## The problem
Nothing but the lines from the one that contains "(le ge : Bool) (inputs" through the end of the data should be reproduced, and each must match exactly.

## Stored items
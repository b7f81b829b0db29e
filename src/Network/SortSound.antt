-- ===== src/Network/SortSound.antt =====
-- `sortingNetwork` of src/pme/util/sorting_network.cpp: every call on inputs returns, and its
-- outputs count the inputs that are true.
use pme.Base.{
  min, ℕ, zero, suc, ◌+◌, ◌/◌, ◌≤◌, ◌<◌, ◌≡◌, refl, sym, ap, ◌∙◌, subst, Bool, true, ◌||◌, List, [],
  ◌∷◌, ◌++◌, length, length-take, length-drop, take, drop, take-append-drop, arith, ok, Returns,
  All-split, Bool-cases, inl, inr,
}
use pme.Literal.{PmeId}
use pme.Cnf.{Valuation, lit_value, Sat, count_true, count_true-append, count_true-le-length}
use pme.Variables.{VariableManager}
use pme.Network.{CnfNetwork}
use pme.Network.Build.{Built, wires, merge, sorting_network, sort}
use pme.Network.Prefix.{TruePrefix, FalseFrom, TruePrefix-mono}
use pme.Network.Halves.{IsMerge}
use pme.Network.MergeSound.{merge-IsMerge}

-- What a network over one vector promises: an output for each input, at most `m`; with `le`, the
-- first outputs are true, as many as inputs are true; with `ge`, all later ones are false.
pub record IsCounter (inputs : List PmeId) (m : ℕ) (le ge : Bool) (net : CnfNetwork) : Type 0 where
  pub size : length net.outputs ≡ min (length inputs) m
  pub trues :
      le ≡ true
      → (v : Valuation) → Sat v net.clauses
      → TruePrefix v (min (count_true v inputs) m) net.outputs
  pub falses :
      ge ≡ true
      → (v : Valuation) → Sat v net.clauses
      → FalseFrom v (count_true v inputs) net.outputs

abbrev pub IsSort : List PmeId → Bool → Bool → CnfNetwork → Type 0
IsSort inputs le ge net = IsCounter inputs (length inputs) le ge net

module _ (v : Valuation) where
  -- A single literal counts itself.
  pub one_true : (x : PmeId) → TruePrefix v (count_true v (x ∷ [])) (x ∷ [])
  unfolding count_true
  one_true x = elim (Bool-cases (lit_value v x)) [ inl h ↦ rw h (h, tt) | inr h ↦ rw h tt ]

  pub one_false : (x : PmeId) → FalseFrom v (count_true v (x ∷ [])) (x ∷ [])
  unfolding count_true
  one_false x = elim (Bool-cases (lit_value v x)) [ inl h ↦ rw h tt | inr h ↦ rw h (h, tt) ]

  pub count_true-halves :
      (l : ℕ) (xs : List PmeId)
      → count_true v (take l xs) + count_true v (drop l xs) ≡ count_true v xs
  count_true-halves l xs =
      sym (count_true-append v (take l xs) (drop l xs)) ∙ ap (count_true v) (take-append-drop l xs)

module _ (inputs : List PmeId) (l : ℕ) (le ge : Bool) (left right merged : CnfNetwork)
    (m_left : IsSort (take l inputs) le ge left) (m_right : IsSort (drop l inputs) le ge right)
    (m : IsMerge left.outputs right.outputs le ge merged) where
  abbrev joined : CnfNetwork
  joined = record {
    outputs = merged.outputs;
    clauses = left.clauses ++ right.clauses ++ merged.clauses;
  }

  joined_trues :
      le ≡ true
      → (v : Valuation) → Sat v joined.clauses
      → TruePrefix v (min (count_true v inputs) (length inputs)) joined.outputs
  joined_trues d v s =
      let (s', s₃) = All-split _ (left.clauses ++ right.clauses) merged.clauses s in
      let (s₁, s₂) = All-split _ left.clauses right.clauses s' in
      let i = min (count_true v (take l inputs)) (length (take l inputs)) in
      let j = min (count_true v (drop l inputs)) (length (drop l inputs)) in
      let total : min (count_true v inputs) (length inputs) ≡ i + j = omega (
        arith,
        count_true-halves v l inputs,
        count_true-le-length v inputs,
        count_true-le-length v (take l inputs),
        count_true-le-length v (drop l inputs),
      ) in
      rw total (m.trues d v s₃ i j (m_left.trues d v s₁) (m_right.trues d v s₂))

  joined_falses :
      ge ≡ true
      → (v : Valuation) → Sat v joined.clauses
      → FalseFrom v (count_true v inputs) joined.outputs
  joined_falses d v s =
      let (s', s₃) = All-split _ (left.clauses ++ right.clauses) merged.clauses s in
      let (s₁, s₂) = All-split _ left.clauses right.clauses s' in
      subst (λ k. FalseFrom v k merged.outputs) (count_true-halves v l inputs)
        (m.falses d v s₃ (count_true v (take l inputs)) (count_true v (drop l inputs))
          (m_left.falses d v s₁) (m_right.falses d v s₂))

  joined-IsSort : IsSort inputs le ge joined
  joined-IsSort = record {
    size =
        omega
          (arith, m.size, m_left.size, m_right.size, length-take l inputs, length-drop l inputs);
    trues = joined_trues;
    falses = joined_falses;
  }

-- A merge of two inputs sorts them.
pair-IsSort :
    (x y : PmeId) (le ge : Bool) (net : CnfNetwork)
    → IsMerge (x ∷ []) (y ∷ []) le ge net
    → IsSort (x ∷ y ∷ []) le ge net
pair-IsSort x y le ge net m = record {
  size = m.size;
  trues = λ d v s.
      subst (λ k. TruePrefix v k net.outputs)
        (omega (arith, count_true-append v (x ∷ []) (y ∷ []), count_true-le-length v (x ∷ y ∷ [])))
        (m.trues d v s (count_true v (x ∷ [])) (count_true v (y ∷ [])) (one_true v x)
          (one_true v y));
  falses = λ d v s.
      subst (λ k. FalseFrom v k net.outputs) (sym (count_true-append v (x ∷ []) (y ∷ [])))
        (m.falses d v s (count_true v (x ∷ [])) (count_true v (y ∷ [])) (one_false v x)
          (one_false v y));
}

one-IsSort : (x : PmeId) (le ge : Bool) → IsSort (x ∷ []) le ge (wires (x ∷ []))
one-IsSort x le ge = record {
  size = refl;
  trues = λ d v s.
      TruePrefix-mono v (min (count_true v (x ∷ [])) 1) (count_true v (x ∷ [])) (x ∷ [])
        (omega arith) (one_true v x);
  falses = λ d v s. one_false v x;
}

-- The run of the recursive case, from the runs of its parts.
sorting_network-run :
    (fuel : ℕ) (x y w : PmeId) (inputs : List PmeId) (le ge : Bool) (vm : VariableManager)
    (left right merged : Built)
    → sorting_network fuel (take (length (x ∷ y ∷ w ∷ inputs) / 2) (x ∷ y ∷ w ∷ inputs)) le ge vm
      ≡ ok left
    → sorting_network fuel
        (drop (length (x ∷ y ∷ w ∷ inputs) / 2) (x ∷ y ∷ w ∷ inputs))
        le
        ge
        left.1
      ≡ ok right
    → merge left.0.outputs right.0.outputs le ge right.1 ≡ ok merged
    → sorting_network (suc fuel) (x ∷ y ∷ w ∷ inputs) le ge vm
      ≡ ok (
        record {
          outputs = merged.0.outputs;
          clauses = left.0.clauses ++ right.0.clauses ++ merged.0.clauses;
        },
        merged.1,
      )
unfolding sorting_network
sorting_network-run fuel x y w inputs le ge vm left right merged r₁ r₂ r₃ = rw (r₁, r₂, r₃)

module _ (le ge : Bool) (either : (le || ge) ≡ true) where
  sorting_network-IsSort :
      (fuel : ℕ) (inputs : List PmeId) (vm : VariableManager)
      → 0 < length inputs
      → length inputs ≤ fuel
      → Returns (sorting_network fuel inputs le ge vm) (λ r. IsSort inputs le ge r.0)
  unfolding sorting_network
  sorting_network-IsSort zero inputs vm pos h = absurd (omega arith)
  sorting_network-IsSort (suc fuel) [] vm pos h = absurd (omega arith)
  sorting_network-IsSort (suc fuel) (x ∷ []) vm pos h =
      ((wires (x ∷ []), vm), refl, one-IsSort x le ge)
  sorting_network-IsSort (suc fuel) (x ∷ y ∷ []) vm pos h =
      let (r, run, m) = merge-IsMerge le ge (x ∷ []) (y ∷ []) vm either in
      (r, run, pair-IsSort x y le ge r.0 m)
  sorting_network-IsSort (suc fuel) (x ∷ y ∷ w ∷ inputs) vm pos h =
      let all : List PmeId = x ∷ y ∷ w ∷ inputs in
      let l = length all / 2 in
      let (left, r₁, m₁) =
        sorting_network-IsSort fuel (take l all) vm (omega (arith, length-take l all))
          (omega (arith, length-take l all)) in
      let (right, r₂, m₂) =
        sorting_network-IsSort fuel (drop l all) left.1 (omega (arith, length-drop l all))
          (omega (arith, length-drop l all)) in
      let (merged, r₃, m) = merge-IsMerge le ge left.0.outputs right.0.outputs right.1 either in
      (
        (_, merged.1),
        sorting_network-run fuel x y w inputs le ge vm left right merged r₁ r₂ r₃,
        joined-IsSort all l le ge left.0 right.0 merged.0 m₁ m₂ m,
      )

-- With `le` or `ge`, a sorting network is built for any inputs, at least one, with no assertion failing. It has an
-- output for each input. Where a valuation makes `k` inputs true and satisfies the clauses: with
-- `le` the first `k` outputs are true, and with `ge` all the others are false.
pub sort-IsSort :
    (le ge : Bool) (inputs : List PmeId) (vm : VariableManager)
    → (le || ge) ≡ true
    → 0 < length inputs
    → Returns (sort inputs le ge vm) (λ r. IsSort inputs le ge r.0)
unfolding sort
sort-IsSort le ge inputs vm either pos =
    sorting_network-IsSort le ge either (length inputs) inputs vm pos (omega arith)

## Task output
    (le ge : Bool) (inputs : List PmeId) (vm : VariableManager)
    → (le || ge) ≡ true
    → 0 < length inputs
    → Returns (sort inputs le ge vm) (λ r. IsSort inputs le ge r.0)
unfolding sort
sort-IsSort le ge inputs vm either pos =
    sorting_network-IsSort le ge either (length inputs) inputs vm pos (omega arith)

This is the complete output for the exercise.